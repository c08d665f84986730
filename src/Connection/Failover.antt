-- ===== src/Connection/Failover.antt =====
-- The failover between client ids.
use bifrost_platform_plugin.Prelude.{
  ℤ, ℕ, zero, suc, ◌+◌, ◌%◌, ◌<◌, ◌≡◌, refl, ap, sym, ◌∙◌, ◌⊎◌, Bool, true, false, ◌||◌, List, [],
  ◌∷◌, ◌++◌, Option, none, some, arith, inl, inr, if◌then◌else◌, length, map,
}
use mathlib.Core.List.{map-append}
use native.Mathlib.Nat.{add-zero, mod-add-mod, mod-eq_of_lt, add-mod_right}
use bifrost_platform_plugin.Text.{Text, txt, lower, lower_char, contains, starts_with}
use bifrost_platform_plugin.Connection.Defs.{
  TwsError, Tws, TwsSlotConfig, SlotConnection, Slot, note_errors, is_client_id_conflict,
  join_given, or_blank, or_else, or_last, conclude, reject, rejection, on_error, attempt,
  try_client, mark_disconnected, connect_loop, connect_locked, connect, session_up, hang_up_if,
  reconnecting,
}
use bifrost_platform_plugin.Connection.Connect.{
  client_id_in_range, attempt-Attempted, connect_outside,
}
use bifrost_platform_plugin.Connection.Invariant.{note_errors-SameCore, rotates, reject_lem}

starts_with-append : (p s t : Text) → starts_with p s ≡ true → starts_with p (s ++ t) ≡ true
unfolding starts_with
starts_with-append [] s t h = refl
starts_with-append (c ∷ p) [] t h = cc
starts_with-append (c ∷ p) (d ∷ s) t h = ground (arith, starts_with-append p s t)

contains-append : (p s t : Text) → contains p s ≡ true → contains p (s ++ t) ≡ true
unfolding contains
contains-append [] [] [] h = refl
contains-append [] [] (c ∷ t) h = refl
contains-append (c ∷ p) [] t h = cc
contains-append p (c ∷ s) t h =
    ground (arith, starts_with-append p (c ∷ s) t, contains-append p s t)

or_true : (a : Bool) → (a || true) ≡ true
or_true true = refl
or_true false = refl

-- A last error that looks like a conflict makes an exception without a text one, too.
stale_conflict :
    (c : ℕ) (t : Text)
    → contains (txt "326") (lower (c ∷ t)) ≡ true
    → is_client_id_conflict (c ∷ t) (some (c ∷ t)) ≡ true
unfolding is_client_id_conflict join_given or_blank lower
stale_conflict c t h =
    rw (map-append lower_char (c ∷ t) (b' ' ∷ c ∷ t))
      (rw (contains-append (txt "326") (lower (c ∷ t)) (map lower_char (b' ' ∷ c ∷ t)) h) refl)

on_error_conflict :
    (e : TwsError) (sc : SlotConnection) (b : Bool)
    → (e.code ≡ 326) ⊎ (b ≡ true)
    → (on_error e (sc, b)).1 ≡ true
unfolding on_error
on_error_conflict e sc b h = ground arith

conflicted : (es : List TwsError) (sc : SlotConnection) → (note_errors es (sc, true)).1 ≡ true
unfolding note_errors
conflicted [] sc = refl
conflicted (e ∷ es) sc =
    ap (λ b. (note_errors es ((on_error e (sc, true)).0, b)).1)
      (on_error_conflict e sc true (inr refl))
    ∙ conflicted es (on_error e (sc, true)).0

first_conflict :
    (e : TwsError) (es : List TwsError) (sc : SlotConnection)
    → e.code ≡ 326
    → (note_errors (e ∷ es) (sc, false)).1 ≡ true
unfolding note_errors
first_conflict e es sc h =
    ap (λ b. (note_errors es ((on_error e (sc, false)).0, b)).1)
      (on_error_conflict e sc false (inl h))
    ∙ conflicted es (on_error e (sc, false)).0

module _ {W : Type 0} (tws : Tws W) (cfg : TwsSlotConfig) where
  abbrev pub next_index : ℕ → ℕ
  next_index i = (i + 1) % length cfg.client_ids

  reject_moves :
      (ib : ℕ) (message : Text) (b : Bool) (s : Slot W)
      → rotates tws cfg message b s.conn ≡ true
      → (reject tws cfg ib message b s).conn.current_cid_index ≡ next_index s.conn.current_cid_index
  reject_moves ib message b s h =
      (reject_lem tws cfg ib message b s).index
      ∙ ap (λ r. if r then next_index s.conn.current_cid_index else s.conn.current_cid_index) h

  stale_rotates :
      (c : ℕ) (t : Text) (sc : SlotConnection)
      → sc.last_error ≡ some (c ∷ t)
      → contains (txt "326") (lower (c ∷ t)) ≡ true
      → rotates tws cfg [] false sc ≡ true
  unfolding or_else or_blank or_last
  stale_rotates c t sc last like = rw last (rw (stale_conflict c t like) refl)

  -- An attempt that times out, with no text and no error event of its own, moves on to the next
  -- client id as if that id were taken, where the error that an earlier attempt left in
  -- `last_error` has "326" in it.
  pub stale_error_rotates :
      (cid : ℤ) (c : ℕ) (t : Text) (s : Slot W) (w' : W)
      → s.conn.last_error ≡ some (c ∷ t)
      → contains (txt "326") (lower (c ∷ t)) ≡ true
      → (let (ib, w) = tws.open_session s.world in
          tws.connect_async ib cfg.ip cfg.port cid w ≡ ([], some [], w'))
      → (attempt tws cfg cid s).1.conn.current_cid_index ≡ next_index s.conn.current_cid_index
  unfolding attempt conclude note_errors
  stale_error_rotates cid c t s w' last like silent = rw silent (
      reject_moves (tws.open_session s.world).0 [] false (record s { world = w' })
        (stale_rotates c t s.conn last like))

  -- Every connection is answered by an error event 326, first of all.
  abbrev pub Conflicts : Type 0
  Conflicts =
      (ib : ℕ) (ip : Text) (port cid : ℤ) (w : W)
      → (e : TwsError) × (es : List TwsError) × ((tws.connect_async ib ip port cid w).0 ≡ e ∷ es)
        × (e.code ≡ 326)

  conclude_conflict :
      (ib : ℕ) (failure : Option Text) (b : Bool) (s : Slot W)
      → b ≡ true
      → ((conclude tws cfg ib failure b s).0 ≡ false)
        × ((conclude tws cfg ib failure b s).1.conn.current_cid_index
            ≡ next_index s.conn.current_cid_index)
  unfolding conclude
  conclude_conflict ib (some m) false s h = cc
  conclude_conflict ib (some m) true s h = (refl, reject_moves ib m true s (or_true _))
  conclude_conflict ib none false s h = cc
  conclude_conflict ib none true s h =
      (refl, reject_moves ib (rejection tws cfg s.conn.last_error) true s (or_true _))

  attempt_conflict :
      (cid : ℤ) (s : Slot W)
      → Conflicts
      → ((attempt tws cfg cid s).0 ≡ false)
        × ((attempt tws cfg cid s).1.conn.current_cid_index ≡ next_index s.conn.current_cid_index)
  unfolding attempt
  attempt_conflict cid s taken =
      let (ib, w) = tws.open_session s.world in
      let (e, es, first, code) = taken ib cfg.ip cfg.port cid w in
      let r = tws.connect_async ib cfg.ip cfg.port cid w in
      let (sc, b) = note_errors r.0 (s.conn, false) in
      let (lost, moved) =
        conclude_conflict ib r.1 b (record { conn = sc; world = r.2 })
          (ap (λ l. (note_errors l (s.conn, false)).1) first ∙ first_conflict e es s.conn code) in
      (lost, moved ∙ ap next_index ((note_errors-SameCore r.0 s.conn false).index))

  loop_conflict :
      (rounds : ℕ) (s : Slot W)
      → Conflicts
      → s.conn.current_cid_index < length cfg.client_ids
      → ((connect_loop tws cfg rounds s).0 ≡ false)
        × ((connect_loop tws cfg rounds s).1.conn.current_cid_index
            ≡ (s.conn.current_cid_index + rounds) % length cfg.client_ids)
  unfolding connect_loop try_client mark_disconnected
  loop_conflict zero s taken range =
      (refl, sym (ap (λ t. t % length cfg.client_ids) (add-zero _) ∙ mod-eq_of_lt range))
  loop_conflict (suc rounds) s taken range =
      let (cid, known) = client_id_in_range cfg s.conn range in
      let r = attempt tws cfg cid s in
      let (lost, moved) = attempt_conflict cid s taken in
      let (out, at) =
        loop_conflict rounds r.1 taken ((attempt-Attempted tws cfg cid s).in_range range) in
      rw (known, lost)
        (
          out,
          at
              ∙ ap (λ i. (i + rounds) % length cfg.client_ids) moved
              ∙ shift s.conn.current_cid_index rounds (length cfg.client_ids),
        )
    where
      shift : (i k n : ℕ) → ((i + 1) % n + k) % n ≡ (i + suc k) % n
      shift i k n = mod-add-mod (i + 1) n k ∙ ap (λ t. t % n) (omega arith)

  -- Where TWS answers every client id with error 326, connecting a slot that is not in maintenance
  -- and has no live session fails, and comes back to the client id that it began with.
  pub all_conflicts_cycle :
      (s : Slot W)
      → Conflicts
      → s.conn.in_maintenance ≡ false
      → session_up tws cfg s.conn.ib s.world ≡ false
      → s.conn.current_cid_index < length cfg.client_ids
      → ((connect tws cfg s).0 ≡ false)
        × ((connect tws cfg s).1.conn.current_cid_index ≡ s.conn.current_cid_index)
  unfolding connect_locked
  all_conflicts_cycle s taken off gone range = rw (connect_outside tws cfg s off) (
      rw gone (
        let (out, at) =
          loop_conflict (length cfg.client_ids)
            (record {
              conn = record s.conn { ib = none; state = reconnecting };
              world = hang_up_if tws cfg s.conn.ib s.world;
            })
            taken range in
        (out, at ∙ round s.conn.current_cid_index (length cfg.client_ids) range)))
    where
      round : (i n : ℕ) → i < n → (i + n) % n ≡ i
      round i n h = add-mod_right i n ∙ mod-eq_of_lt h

━━━━━━━━

● **Problem statement**
Lines in the records above that carry the word "shift" are to be located and copied.

● **Solution for this task**
              ∙ shift s.conn.current_cid_index rounds (length cfg.client_ids),
      shift : (i k n : ℕ) → ((i + 1) % n + k) % n ≡ (i + suc k) % n
      shift i k n = mod-add-mod (i + 1) n k ∙ ap (λ t. t % n) (omega arith)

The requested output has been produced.